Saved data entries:
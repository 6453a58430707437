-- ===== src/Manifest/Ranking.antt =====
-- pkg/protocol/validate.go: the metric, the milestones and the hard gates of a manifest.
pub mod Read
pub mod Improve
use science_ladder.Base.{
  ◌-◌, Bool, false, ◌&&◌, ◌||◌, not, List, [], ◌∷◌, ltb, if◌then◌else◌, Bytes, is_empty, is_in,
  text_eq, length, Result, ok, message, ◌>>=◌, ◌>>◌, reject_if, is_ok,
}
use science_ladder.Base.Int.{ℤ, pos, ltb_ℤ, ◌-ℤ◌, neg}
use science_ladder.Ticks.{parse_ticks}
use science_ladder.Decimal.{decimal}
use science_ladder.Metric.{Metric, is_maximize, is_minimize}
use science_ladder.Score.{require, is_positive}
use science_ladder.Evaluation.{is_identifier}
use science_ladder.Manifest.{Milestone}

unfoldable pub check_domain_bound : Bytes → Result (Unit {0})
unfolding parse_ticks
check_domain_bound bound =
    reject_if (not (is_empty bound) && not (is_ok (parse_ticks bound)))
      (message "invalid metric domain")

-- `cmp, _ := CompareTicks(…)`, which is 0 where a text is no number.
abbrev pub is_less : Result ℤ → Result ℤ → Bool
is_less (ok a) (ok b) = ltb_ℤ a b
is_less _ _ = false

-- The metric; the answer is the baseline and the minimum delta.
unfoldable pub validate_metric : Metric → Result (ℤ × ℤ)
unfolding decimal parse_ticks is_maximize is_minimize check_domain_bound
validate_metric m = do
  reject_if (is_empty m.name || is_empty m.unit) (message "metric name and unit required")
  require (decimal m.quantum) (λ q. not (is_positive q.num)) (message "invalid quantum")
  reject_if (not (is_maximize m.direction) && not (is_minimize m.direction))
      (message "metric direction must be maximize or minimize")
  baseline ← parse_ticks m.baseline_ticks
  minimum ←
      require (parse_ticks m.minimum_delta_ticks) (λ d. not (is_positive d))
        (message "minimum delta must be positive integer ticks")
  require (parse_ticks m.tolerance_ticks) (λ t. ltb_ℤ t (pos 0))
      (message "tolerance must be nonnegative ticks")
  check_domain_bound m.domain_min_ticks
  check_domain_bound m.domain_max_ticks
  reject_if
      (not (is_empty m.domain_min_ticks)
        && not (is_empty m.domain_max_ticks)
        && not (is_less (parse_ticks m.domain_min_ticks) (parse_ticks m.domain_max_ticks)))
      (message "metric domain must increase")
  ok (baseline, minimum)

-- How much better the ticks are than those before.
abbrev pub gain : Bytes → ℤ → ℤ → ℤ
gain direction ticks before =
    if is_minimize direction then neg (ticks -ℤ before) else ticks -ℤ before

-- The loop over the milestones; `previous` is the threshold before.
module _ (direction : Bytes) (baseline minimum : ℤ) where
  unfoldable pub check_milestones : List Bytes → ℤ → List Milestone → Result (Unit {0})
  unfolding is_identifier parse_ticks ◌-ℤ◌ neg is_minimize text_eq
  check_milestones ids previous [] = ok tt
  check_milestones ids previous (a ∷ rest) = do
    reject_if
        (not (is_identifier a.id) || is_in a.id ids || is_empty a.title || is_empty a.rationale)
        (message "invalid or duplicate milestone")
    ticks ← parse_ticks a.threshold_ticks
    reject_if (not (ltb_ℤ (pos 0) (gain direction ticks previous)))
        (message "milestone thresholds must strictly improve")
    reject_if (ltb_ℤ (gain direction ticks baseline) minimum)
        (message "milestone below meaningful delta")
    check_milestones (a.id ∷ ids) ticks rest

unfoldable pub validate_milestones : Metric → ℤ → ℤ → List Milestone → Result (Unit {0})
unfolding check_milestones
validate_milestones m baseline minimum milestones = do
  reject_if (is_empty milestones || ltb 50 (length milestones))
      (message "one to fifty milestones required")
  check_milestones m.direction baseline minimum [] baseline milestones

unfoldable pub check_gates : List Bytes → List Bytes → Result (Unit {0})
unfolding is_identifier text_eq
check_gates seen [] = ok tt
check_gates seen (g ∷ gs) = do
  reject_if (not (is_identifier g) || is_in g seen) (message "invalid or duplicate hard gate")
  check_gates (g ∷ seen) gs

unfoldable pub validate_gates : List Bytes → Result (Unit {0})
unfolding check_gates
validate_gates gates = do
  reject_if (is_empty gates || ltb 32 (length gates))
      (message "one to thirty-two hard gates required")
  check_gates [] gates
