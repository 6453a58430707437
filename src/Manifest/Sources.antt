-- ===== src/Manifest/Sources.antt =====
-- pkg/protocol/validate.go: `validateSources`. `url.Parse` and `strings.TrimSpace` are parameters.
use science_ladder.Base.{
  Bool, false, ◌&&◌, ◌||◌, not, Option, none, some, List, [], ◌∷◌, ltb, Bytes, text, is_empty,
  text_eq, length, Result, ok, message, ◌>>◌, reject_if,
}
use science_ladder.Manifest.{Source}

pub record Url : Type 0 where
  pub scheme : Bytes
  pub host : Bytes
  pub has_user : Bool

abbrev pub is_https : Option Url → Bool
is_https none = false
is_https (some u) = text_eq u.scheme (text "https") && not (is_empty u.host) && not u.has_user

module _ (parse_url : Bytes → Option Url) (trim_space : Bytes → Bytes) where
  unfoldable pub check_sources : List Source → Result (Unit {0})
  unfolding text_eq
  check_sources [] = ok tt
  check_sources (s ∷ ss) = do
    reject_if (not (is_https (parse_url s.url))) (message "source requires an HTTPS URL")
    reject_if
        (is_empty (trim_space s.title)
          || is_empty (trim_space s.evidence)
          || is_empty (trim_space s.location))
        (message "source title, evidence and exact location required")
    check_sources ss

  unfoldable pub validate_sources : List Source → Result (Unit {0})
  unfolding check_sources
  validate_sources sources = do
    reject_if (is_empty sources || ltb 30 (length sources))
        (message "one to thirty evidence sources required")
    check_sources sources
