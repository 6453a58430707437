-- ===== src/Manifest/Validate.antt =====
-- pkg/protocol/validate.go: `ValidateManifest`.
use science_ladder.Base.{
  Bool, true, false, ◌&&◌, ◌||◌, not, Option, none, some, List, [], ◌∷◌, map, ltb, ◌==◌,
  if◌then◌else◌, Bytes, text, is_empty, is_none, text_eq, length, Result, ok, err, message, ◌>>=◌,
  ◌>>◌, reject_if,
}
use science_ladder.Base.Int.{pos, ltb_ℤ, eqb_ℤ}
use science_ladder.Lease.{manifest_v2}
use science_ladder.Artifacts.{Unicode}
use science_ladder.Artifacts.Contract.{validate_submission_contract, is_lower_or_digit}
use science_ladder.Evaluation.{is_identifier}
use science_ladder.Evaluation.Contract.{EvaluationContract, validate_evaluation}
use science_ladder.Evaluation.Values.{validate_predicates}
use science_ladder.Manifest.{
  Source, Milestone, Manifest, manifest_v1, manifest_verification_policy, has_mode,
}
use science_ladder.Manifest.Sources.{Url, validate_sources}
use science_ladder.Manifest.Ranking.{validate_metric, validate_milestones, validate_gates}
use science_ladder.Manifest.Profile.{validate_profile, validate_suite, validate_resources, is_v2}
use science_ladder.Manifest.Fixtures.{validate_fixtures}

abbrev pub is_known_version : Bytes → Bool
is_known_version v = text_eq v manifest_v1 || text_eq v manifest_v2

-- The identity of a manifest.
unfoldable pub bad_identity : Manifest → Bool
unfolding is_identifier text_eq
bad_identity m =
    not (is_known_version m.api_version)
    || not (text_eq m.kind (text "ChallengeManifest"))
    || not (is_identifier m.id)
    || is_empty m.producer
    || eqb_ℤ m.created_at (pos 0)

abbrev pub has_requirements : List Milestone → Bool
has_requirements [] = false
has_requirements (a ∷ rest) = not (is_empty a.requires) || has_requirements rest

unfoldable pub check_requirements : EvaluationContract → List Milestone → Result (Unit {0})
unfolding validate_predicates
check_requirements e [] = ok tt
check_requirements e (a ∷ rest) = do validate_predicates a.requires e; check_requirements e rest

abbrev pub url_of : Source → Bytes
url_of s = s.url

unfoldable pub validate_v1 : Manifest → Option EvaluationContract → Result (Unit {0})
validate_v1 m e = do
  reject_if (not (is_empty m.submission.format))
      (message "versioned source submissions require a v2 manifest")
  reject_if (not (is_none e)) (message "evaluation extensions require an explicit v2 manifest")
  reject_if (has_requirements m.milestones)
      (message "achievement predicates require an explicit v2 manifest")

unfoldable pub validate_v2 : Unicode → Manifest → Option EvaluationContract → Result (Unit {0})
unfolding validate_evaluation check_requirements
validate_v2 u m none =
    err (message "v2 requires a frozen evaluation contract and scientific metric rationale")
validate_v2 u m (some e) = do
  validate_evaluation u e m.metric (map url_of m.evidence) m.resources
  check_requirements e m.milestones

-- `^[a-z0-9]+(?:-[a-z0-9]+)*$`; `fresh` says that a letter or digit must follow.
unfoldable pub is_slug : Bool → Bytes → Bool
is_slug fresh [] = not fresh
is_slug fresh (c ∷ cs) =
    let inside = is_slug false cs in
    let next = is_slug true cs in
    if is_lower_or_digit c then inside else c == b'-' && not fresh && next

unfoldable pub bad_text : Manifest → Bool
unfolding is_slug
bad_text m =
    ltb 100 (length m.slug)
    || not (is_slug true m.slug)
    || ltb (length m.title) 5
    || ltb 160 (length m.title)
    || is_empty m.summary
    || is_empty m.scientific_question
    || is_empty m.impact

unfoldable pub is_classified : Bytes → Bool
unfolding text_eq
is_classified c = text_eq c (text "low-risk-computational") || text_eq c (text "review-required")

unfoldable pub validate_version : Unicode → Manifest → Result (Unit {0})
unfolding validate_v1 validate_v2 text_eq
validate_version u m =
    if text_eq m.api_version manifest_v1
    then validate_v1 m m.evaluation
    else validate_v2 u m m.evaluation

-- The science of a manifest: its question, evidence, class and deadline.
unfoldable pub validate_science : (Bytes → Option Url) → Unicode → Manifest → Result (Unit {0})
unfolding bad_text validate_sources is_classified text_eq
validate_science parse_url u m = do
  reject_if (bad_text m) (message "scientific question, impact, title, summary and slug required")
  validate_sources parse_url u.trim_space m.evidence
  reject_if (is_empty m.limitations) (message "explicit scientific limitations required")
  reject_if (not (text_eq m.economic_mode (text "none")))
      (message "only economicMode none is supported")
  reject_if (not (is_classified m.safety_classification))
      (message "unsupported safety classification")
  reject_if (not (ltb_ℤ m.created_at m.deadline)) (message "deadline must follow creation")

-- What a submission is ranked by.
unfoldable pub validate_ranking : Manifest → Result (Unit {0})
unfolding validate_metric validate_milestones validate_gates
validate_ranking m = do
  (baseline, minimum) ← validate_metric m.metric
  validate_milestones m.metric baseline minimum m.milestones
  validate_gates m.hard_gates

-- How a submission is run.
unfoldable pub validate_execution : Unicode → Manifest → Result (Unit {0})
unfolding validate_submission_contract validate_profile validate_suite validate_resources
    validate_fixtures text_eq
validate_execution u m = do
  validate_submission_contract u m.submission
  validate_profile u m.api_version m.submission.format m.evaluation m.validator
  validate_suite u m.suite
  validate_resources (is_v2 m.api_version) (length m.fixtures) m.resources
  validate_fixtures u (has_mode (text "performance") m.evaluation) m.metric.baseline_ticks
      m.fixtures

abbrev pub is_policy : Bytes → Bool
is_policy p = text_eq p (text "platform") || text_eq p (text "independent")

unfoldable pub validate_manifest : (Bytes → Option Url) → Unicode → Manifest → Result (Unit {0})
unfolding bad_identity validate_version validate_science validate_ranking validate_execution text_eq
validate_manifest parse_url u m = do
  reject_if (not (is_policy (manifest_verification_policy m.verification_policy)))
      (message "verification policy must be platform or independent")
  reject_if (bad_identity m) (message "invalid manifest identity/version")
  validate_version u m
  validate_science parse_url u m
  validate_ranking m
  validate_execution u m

...

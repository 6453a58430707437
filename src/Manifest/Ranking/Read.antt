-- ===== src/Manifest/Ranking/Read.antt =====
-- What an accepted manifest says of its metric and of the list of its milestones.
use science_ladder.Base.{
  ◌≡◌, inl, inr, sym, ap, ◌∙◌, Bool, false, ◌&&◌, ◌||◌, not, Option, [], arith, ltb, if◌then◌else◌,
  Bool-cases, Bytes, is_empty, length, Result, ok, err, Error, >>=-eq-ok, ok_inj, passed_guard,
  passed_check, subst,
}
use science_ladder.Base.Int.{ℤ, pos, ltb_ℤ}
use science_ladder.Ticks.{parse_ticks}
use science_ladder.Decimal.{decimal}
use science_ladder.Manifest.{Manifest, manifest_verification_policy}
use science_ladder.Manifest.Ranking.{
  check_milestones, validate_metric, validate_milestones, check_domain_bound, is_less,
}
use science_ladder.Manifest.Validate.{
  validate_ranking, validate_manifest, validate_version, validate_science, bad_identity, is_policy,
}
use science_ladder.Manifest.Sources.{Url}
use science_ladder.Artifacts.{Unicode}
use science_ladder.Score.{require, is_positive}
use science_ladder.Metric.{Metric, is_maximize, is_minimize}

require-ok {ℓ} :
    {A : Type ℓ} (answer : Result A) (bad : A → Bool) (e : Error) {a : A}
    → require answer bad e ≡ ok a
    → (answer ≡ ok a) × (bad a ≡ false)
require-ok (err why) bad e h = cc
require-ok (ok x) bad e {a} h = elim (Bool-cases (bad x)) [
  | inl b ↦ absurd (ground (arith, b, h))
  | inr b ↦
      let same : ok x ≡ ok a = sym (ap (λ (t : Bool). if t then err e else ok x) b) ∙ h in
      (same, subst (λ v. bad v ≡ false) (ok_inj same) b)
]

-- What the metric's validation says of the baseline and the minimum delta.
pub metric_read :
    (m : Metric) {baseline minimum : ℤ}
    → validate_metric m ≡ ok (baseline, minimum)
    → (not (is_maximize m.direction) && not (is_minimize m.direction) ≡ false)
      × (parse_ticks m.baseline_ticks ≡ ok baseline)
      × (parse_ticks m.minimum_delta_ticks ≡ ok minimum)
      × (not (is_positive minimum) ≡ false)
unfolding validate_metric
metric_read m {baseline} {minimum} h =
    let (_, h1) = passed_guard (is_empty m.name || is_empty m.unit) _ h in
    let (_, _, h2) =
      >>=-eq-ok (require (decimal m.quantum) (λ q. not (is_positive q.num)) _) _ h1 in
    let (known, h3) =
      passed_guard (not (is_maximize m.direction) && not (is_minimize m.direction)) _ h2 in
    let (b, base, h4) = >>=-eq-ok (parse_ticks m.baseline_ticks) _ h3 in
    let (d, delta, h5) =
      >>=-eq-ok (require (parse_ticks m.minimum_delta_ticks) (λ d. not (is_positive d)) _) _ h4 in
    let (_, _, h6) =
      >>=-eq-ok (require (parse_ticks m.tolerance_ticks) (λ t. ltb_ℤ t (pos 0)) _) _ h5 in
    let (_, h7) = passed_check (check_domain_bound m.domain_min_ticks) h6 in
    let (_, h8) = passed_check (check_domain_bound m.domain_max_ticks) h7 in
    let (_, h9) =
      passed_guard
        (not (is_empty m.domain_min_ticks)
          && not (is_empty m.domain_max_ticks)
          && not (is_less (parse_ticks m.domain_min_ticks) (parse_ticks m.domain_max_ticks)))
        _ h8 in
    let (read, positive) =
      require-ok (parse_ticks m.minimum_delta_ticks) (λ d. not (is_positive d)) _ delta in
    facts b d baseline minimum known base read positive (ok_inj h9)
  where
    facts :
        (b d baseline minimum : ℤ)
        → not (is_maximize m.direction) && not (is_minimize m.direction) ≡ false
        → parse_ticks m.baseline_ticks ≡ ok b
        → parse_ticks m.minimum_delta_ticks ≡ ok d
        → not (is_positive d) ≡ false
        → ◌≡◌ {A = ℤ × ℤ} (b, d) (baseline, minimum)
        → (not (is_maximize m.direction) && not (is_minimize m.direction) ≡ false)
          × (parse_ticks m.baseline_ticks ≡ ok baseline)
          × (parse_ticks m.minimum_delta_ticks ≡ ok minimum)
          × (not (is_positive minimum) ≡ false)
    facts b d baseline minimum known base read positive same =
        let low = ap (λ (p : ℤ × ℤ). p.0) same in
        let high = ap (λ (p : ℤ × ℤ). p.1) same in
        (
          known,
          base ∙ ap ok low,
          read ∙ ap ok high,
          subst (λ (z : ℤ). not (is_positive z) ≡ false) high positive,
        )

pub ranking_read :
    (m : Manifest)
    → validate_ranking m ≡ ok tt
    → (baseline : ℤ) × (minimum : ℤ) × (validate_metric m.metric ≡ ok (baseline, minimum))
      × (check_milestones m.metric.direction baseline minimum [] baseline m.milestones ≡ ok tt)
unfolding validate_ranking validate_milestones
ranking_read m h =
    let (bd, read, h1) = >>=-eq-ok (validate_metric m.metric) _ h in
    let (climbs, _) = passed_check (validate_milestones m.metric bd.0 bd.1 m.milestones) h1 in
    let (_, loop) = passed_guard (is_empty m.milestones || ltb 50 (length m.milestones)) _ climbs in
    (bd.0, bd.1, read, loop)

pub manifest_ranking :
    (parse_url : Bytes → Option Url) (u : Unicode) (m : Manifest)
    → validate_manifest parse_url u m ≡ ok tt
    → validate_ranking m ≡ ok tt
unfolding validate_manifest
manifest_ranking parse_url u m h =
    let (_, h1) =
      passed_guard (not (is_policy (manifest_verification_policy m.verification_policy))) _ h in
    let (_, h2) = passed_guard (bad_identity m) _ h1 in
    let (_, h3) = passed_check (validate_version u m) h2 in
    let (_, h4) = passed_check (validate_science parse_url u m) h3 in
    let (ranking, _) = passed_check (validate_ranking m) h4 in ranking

==

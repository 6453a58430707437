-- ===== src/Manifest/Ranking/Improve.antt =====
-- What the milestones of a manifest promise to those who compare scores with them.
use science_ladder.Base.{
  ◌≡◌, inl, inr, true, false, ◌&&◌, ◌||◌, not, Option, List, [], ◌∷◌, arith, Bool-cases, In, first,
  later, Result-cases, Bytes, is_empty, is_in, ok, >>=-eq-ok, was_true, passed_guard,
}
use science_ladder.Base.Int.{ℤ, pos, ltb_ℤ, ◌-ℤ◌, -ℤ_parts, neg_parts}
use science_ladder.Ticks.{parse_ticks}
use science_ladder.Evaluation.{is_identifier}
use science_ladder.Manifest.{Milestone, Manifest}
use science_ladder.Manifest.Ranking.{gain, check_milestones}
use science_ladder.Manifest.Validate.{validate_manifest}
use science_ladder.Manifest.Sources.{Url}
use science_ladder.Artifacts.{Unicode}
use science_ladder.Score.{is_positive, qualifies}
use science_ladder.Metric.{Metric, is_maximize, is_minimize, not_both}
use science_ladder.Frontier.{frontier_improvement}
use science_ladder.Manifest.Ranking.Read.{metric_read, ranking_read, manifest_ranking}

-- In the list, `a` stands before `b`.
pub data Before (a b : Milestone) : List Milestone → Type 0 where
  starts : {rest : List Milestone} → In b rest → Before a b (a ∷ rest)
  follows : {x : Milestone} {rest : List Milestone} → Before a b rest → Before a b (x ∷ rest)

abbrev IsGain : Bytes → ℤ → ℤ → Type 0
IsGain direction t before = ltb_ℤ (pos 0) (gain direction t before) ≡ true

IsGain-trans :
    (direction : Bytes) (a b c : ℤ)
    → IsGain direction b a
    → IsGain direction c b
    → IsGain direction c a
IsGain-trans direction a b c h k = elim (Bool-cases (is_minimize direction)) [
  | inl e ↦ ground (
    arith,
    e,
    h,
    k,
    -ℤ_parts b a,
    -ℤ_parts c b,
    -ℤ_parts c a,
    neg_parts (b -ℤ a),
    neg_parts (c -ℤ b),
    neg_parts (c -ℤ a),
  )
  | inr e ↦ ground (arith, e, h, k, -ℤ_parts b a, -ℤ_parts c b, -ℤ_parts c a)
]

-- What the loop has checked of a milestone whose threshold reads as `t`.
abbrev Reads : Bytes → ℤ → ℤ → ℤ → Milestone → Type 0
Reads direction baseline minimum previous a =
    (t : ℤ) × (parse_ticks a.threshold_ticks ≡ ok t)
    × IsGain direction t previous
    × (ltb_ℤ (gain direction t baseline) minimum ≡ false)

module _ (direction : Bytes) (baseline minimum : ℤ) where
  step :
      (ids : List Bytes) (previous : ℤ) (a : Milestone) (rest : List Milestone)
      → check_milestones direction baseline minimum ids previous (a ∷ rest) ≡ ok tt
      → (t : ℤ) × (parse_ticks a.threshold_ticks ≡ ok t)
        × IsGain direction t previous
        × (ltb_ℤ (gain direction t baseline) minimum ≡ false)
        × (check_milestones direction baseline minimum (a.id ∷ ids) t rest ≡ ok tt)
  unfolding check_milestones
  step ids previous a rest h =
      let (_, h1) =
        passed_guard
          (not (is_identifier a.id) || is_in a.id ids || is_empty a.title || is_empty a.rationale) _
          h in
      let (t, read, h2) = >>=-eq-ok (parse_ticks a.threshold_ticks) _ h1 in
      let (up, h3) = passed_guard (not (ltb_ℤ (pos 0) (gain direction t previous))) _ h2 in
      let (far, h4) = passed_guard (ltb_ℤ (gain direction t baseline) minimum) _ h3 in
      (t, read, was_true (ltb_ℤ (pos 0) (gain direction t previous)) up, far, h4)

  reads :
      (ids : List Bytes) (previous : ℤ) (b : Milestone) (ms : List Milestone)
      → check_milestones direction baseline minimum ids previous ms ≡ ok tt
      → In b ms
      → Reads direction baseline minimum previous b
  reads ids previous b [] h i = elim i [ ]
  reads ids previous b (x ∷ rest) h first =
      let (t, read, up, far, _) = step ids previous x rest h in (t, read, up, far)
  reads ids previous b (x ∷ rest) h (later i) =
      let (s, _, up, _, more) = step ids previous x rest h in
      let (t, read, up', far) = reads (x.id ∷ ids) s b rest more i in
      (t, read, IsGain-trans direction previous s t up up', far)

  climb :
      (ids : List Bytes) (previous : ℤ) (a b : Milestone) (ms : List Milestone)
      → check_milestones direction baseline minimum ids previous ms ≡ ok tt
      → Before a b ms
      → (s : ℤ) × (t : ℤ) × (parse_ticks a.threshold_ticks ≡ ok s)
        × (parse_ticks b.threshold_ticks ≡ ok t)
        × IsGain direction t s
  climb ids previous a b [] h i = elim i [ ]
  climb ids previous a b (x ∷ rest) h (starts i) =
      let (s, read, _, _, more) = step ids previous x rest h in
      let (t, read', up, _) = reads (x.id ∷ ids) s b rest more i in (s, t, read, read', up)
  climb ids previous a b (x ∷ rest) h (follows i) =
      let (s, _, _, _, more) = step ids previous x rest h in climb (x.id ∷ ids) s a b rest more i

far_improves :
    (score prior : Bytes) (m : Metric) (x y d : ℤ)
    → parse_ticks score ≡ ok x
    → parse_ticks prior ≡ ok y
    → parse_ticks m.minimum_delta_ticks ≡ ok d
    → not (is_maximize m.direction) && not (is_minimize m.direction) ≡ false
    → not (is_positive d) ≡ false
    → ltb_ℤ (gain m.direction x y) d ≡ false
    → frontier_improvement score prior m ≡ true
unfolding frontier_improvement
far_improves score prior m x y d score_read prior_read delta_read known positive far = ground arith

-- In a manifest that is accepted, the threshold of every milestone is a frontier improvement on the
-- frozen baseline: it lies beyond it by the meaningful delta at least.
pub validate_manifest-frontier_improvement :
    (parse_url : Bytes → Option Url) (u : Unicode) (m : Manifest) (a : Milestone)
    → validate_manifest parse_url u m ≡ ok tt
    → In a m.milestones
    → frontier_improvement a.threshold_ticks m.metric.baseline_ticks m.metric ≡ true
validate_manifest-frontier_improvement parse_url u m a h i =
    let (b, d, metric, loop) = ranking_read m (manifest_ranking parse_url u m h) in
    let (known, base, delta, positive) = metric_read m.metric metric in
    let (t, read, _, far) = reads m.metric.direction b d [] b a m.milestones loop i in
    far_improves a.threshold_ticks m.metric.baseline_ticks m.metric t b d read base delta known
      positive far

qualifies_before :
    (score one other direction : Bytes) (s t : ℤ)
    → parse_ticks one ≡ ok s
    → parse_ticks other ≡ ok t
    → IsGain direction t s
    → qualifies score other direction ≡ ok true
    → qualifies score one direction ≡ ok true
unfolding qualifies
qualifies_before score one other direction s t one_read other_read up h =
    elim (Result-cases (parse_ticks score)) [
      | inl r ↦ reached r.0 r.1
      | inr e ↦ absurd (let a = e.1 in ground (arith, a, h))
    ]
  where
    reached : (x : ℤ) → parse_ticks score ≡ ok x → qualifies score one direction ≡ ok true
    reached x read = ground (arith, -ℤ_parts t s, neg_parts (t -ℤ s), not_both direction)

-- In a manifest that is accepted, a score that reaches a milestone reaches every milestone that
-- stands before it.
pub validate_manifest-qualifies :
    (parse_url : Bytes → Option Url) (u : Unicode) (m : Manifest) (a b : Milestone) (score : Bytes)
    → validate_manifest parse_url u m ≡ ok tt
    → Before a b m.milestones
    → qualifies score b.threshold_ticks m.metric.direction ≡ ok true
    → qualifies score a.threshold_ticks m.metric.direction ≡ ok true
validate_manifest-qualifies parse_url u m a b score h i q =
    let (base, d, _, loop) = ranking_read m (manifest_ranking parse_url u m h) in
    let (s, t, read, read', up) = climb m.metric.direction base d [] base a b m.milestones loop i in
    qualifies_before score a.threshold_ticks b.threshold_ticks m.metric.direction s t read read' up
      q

• **EXERCISE DIRECTIONS**: All that belongs in your answer is the stretch of entries above from the line with "IsGain-trans direction a" through the line with "rest ≡ ok tt)", printed exactly.

• **ANSWER SPACE**:
IsGain-trans direction a b c h k = elim (Bool-cases (is_minimize direction)) [
  | inl e ↦ ground (
    arith,
    e,
    h,
    k,
    -ℤ_parts b a,
    -ℤ_parts c b,
    -ℤ_parts c a,
    neg_parts (b -ℤ a),
    neg_parts (c -ℤ b),
    neg_parts (c -ℤ a),
  )
  | inr e ↦ ground (arith, e, h, k, -ℤ_parts b a, -ℤ_parts c b, -ℤ_parts c a)
]

-- What the loop has checked of a milestone whose threshold reads as `t`.
abbrev Reads : Bytes → ℤ → ℤ → ℤ → Milestone → Type 0
Reads direction baseline minimum previous a =
    (t : ℤ) × (parse_ticks a.threshold_ticks ≡ ok t)
    × IsGain direction t previous
    × (ltb_ℤ (gain direction t baseline) minimum ≡ false)

module _ (direction : Bytes) (baseline minimum : ℤ) where
  step :
      (ids : List Bytes) (previous : ℤ) (a : Milestone) (rest : List Milestone)
      → check_milestones direction baseline minimum ids previous (a ∷ rest) ≡ ok tt
      → (t : ℤ) × (parse_ticks a.threshold_ticks ≡ ok t)
        × IsGain direction t previous
        × (ltb_ℤ (gain direction t baseline) minimum ≡ false)
        × (check_milestones direction baseline minimum (a.id ∷ ids) t rest ≡ ok tt)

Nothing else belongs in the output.